Traditionally, recruitment has been a basic function of a political party. Recruit the best people and, more often than not, you win. In 2002, we recruited great candidates, many of whom are Senators today. We worked as partners with them and, because we were not ideologically bound to any particular viewpoint, candidates knew they had the freedom to voice their own opinions. That is, our support was not contingent upon their stance on any single issue.

We worked with the candidates to raise and spend hard money, all reported on public forms. We worked with the candidates, the Republican National Committee, and state parties on voter-identification and get-out-the-vote efforts — also basic functions of parties. If you were a Republican on the ballot, we worked our hearts out to get people to the polls to vote for you.

The NRSC also raised soft money to finance issue ads in various states. We reported it all: who gave us the money, how much, how we spent it and when. The reformers didn’t always like what they saw, but at least they could see it.

If campaign finance “reform” governs the 2004 elections and, even more so, subsequent elections, the “reformers” will have become the great enablers of those narrow special interests they claim to abhor.
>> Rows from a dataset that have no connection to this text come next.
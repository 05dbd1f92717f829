-- ===== src/Agent/Conversation/Silent.antt =====
-- An end of the conversation without words in `run_session` of xiaoai-agent/src/main.rs.
use xiaoai_agent.Prelude.{
  ℕ, ◌≡◌, refl, sym, ap, ◌∙◌, Bool, true, false, List, Option, none, some, if◌then◌else◌, arith,
  subst,
}
use xiaoai_agent.Agent.Turns.{
  AgentControl, AgentRuntime, AgentTurnResult, Attempt, trim, prompt_with_history, attempts_of,
  clear_control, finish_turn, try_attempts, run_turn,
}
use xiaoai_agent.Agent.Conversation.{
  Round, Conversation, Next, listen_on, captured, show_led, shut_led, end_session, empty_reason,
  led_listening, led_thinking, is_blank, answer, reply_next, respond, round, acknowledge, note,
}

-- What the blank answer of a turn makes of the round.
abbrev pub OpenEnd : Conversation × Next → Type 0
OpenEnd (s, next) = (next ≡ listen_on) × (s.agent.control.should_end ≡ true)

answer-blank :
    (speaks : Bool) (reply : AgentTurnResult) (s : Conversation)
    → is_blank reply.text ≡ true
    → answer speaks reply s ≡ (note (shut_led led_thinking) s, listen_on)
unfolding answer
answer-blank speaks reply s h = rw (h, answer) refl

finish_turn-control :
    (is_hermes : Bool) (message : List ℕ) (s : AgentRuntime)
    (tried : AgentControl × Option (List ℕ)) (reply : AgentTurnResult)
    → (finish_turn is_hermes message s tried).1 ≡ some reply
    → (finish_turn is_hermes message s tried).0.control.should_end ≡ reply.should_end
finish_turn-control is_hermes message s (control, none) reply h = ground arith
finish_turn-control is_hermes message s (control, some text) reply h =
    ap (λ r. elim r [ none ↦ false | some r ↦ r.should_end ]) h

run_turn-control :
    (is_hermes : Bool) (retries : ℕ) (asks : List ℕ → ℕ → Attempt) (message : List ℕ)
    (s : AgentRuntime) (reply : AgentTurnResult)
    → (run_turn is_hermes retries asks message s).1 ≡ some reply
    → (run_turn is_hermes retries asks message s).0.control.should_end ≡ reply.should_end
unfolding run_turn
run_turn-control is_hermes retries asks message s reply h =
    finish_turn-control is_hermes message s
      (try_attempts (attempts_of retries) 1 (asks (prompt_with_history s.history message))
        clear_control)
      reply h

respond-silent :
    (is_hermes : Bool) (retries : ℕ) (r : Round) (transcript : List ℕ) (s : Conversation)
    (reply : AgentTurnResult)
    → is_blank transcript ≡ false
    → (run_turn is_hermes retries r.asks (trim transcript) s.agent).1 ≡ some reply
    → is_blank reply.text ≡ true
    → reply.should_end ≡ true
    → OpenEnd (respond is_hermes retries r transcript s)
unfolding respond
respond-silent is_hermes retries r transcript s reply heard replied blank ends =
    let (agent, answered) = run_turn is_hermes retries r.asks (trim transcript) s.agent in
    let t : Conversation = record s { agent = agent } in
    let goes_on : respond is_hermes retries r transcript s
        ≡ (note (shut_led led_thinking) t, listen_on) =
      (ap (λ (b : Bool). if b then end_session empty_reason s else reply_next r.speaks t answered)
          heard
        ∙ ap (reply_next r.speaks t) replied
        ∙ answer-blank r.speaks reply t blank) in
    subst OpenEnd (sym goes_on) (
      refl,
      run_turn-control is_hermes retries r.asks (trim transcript) s.agent reply replied ∙ ends,
    )

-- The agent as a round hands it to the model.
abbrev pub listening : Bool → Conversation → Conversation
listening acknowledges s =
    note (show_led led_thinking) (acknowledge acknowledges (note (show_led led_listening) s))

-- When the agent ends the conversation and its answer is blank, as after it was stripped for Hermes,
-- the session listens on all the same, although the end is on record.
pub round-silent_end :
    (is_hermes : Bool) (retries : ℕ) (acknowledges streams : Bool) (r : Round) (transcript : List ℕ)
    (s : Conversation) (reply : AgentTurnResult)
    → is_blank transcript ≡ false
    → (run_turn is_hermes retries r.asks (trim transcript) (listening acknowledges s).agent).1
      ≡ some reply
    → is_blank reply.text ≡ true
    → reply.should_end ≡ true
    → OpenEnd (
        round is_hermes retries acknowledges
          (record r { stream = some streams; capture = captured; transcript = some transcript })
          s)
unfolding round
round-silent_end is_hermes retries acknowledges streams r transcript s reply heard replied blank
      ends =
    respond-silent is_hermes retries
      (record r { stream = some streams; capture = captured; transcript = some transcript })
      transcript (listening acknowledges s) reply heard replied blank ends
They will have shifted the basic functions of recruitment and fundraising away from the parties to groups that have no obligation to report their finances. They will have turned an open system into one with all the clarity of a mud pit.

Money matters. It always has and always will. Potential candidates want to know where their financial support will come from, what their infrastructure will be, and how that infrastructure will help identify and turn out voters.

Under campaign finance reform, if you run for a federal office in 2004 and the state party is using any soft dollars on GOTV efforts (which many states allow under their own campaign finance laws), your party will be unable to reference you in those efforts. In fact, the party won’t be able to say “vote Republican” or “vote Democrat” if there’s a federal candidate on the ballot. State parties will have to raise and spend hard dollars for generic GOTV. It would not be surprising to see state legislatures move their nonfederal elections to off years to avoid the “reformers’” attempt to neuter the parties in favor of narrow interests.

The Republican and Democratic parties won’t be able to use nonfederal dollars on GOTV, but NARAL-Pro-Choice America, the National Rifle Association and the AFL-CIO will be able to — along with any of the new independent fundraising committees that political operatives are creating to evade soft-money regulations. The parties will no longer be able to run issue ads, but these other entities will be.

NARAL and the NRA will also have the resources to recruit candidates, making those candidates (and subsequent officeholders) beholden … to whom? But unlike the parties in 2002, these groups will face no requirement to report how much they raise and how they spend it.

Thus, more and more candidates will represent the agendas of narrow special interests, making consensus between Republicans and Democrats on how to govern even more elusive. At the same time, the public will have less capacity to see just whom these candidates are beholden to.

Anyone who calls this “reform” has one heck of a wacky world view.

Ginny Wolfe, former counselor to Sen. Bill Frist (R-Tenn.), is senior vice president for public affairs at Manning Selvage & Lee, a public relations firm.